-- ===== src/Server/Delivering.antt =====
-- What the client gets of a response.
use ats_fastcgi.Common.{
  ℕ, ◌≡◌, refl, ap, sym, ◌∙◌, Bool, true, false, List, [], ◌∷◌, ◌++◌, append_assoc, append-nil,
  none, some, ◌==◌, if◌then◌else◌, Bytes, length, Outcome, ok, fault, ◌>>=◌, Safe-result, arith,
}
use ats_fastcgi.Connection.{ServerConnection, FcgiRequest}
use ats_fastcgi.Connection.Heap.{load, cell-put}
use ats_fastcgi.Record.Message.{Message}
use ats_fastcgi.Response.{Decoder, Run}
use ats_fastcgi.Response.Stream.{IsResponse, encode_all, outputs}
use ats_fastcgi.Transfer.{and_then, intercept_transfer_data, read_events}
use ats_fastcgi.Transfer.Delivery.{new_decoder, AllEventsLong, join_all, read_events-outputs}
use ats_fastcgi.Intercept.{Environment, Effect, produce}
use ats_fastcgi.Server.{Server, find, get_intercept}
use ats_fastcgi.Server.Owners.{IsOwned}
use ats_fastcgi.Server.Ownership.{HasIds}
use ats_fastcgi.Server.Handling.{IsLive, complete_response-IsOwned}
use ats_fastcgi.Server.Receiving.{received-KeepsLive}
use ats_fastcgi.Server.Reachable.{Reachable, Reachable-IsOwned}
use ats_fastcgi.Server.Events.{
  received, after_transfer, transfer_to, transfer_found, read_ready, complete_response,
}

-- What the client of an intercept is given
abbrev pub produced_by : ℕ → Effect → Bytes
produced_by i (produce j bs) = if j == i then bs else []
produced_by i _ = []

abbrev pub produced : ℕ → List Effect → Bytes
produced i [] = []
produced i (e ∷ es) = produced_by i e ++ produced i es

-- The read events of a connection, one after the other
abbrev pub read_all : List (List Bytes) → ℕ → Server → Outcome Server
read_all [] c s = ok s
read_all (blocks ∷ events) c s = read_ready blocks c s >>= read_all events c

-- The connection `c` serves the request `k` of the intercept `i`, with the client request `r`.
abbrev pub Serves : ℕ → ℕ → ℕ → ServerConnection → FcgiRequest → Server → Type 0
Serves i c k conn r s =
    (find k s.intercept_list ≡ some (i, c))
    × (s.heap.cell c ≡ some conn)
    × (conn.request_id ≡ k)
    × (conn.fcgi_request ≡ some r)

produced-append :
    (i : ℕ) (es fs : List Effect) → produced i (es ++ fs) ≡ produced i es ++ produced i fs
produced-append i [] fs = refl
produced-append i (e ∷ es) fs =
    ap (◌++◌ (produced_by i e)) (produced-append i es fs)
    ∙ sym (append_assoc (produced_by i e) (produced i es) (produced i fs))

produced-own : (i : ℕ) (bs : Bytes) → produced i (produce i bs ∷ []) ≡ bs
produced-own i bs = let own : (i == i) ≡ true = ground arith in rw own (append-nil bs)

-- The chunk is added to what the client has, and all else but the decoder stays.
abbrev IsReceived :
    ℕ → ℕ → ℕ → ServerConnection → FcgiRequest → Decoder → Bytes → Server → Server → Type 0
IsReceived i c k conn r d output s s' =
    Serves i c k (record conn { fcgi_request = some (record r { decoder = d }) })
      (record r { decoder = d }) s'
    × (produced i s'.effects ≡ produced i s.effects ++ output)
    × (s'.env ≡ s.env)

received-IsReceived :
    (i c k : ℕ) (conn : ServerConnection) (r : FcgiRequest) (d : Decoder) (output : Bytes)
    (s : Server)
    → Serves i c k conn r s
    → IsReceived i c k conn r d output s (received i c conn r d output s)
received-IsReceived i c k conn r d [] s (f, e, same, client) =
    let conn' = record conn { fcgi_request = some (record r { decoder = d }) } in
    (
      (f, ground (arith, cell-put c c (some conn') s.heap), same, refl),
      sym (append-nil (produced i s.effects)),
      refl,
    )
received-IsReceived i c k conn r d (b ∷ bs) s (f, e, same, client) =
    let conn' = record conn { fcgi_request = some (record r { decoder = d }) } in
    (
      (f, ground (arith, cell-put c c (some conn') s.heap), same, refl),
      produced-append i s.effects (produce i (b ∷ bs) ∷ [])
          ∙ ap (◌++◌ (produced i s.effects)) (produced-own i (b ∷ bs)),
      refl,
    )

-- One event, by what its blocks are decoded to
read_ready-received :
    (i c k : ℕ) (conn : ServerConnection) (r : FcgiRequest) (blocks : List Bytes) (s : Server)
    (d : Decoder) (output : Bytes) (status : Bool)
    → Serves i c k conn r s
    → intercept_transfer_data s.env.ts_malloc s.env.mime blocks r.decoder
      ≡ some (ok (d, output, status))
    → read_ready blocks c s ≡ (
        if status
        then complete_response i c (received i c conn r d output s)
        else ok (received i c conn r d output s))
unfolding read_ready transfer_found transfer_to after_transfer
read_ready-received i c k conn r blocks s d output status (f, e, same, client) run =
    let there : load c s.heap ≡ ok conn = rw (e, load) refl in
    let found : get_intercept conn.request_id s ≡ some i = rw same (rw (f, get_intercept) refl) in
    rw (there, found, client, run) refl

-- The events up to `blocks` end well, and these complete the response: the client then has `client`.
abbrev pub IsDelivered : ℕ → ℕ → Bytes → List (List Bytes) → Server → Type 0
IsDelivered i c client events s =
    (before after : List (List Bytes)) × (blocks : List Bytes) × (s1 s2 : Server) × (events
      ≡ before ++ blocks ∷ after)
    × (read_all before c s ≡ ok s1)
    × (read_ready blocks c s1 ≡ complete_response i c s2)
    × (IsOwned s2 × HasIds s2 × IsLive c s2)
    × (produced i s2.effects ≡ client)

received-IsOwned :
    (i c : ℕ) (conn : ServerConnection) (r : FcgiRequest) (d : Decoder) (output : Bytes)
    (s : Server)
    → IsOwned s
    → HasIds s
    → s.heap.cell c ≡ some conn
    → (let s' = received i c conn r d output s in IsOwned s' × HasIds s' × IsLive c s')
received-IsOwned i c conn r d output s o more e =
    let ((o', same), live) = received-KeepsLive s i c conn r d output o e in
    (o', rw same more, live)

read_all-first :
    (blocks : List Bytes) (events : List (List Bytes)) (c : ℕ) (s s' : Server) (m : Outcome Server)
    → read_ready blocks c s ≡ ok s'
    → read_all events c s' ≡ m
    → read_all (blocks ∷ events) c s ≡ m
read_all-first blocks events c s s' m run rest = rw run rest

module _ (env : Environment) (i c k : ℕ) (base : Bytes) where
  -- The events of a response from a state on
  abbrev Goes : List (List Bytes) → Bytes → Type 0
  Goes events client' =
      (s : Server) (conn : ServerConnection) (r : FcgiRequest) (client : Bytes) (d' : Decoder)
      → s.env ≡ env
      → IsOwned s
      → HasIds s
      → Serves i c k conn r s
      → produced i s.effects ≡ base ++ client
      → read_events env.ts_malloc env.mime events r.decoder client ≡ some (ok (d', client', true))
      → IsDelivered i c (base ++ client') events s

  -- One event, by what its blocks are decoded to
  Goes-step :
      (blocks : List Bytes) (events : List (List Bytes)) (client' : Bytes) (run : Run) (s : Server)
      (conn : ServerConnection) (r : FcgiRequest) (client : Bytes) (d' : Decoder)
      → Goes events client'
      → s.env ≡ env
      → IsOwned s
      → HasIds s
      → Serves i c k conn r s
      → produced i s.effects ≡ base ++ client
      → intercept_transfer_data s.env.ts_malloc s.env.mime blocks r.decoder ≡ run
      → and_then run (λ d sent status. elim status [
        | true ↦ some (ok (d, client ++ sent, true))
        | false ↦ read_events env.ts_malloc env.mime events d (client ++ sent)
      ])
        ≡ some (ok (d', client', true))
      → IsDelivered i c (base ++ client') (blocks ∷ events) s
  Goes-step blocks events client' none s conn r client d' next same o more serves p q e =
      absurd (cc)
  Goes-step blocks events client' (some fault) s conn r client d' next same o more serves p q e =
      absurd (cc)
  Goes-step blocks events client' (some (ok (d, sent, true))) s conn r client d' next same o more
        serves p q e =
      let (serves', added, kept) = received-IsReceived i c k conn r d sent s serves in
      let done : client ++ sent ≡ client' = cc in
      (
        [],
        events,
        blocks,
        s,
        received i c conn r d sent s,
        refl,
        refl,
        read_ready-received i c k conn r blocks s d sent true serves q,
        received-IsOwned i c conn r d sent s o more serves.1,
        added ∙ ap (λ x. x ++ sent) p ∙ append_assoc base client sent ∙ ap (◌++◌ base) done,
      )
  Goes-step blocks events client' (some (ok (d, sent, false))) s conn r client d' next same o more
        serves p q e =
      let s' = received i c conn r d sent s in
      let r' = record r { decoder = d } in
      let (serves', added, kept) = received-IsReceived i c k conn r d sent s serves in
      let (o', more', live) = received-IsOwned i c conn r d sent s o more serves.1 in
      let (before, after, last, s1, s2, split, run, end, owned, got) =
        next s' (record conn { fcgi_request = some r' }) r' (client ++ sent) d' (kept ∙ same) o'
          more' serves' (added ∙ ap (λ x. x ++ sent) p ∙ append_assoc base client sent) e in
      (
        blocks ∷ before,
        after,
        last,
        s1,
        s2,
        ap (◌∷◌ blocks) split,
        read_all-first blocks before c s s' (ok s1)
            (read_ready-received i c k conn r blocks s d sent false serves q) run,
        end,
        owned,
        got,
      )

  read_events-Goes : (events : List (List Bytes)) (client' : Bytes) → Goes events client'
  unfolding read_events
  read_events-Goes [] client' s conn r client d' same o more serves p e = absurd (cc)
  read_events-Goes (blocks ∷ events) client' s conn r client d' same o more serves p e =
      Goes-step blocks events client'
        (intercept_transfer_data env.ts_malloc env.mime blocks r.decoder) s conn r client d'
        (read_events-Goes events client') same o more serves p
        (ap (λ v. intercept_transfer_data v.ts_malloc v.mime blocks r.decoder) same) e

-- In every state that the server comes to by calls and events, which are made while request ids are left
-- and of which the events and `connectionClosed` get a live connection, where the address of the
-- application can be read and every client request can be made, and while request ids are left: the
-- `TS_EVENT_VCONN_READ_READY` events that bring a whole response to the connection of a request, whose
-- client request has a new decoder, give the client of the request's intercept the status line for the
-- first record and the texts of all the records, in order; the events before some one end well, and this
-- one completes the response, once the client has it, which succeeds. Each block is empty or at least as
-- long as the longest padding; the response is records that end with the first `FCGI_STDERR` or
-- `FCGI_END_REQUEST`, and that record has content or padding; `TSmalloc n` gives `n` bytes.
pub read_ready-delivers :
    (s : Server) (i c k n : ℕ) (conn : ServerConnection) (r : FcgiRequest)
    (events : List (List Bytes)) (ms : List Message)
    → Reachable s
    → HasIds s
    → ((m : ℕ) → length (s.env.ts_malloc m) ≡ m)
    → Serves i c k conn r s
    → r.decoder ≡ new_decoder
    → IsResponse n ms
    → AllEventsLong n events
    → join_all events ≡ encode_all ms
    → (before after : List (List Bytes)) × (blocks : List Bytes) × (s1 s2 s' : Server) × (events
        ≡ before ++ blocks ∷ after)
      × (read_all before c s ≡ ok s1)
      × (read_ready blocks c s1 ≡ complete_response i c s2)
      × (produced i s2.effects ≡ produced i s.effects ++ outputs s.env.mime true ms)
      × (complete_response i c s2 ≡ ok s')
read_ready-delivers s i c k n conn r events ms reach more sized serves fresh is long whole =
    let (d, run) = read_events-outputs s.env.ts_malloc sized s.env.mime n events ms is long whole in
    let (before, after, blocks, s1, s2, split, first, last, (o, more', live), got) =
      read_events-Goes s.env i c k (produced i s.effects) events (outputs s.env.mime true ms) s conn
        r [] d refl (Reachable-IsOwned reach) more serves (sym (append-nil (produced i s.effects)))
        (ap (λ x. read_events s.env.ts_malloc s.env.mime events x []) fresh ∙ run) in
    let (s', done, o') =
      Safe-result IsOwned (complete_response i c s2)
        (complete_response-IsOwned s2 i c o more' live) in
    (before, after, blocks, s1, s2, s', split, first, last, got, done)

■ EXERCISE
The lines to return are those in the records above that hold the word "well".

■ SOLUTION TO THIS EXERCISE
-- The events up to `blocks` end well, and these complete the response: the client then has `client`.
-- first record and the texts of all the records, in order; the events before some one end well, and this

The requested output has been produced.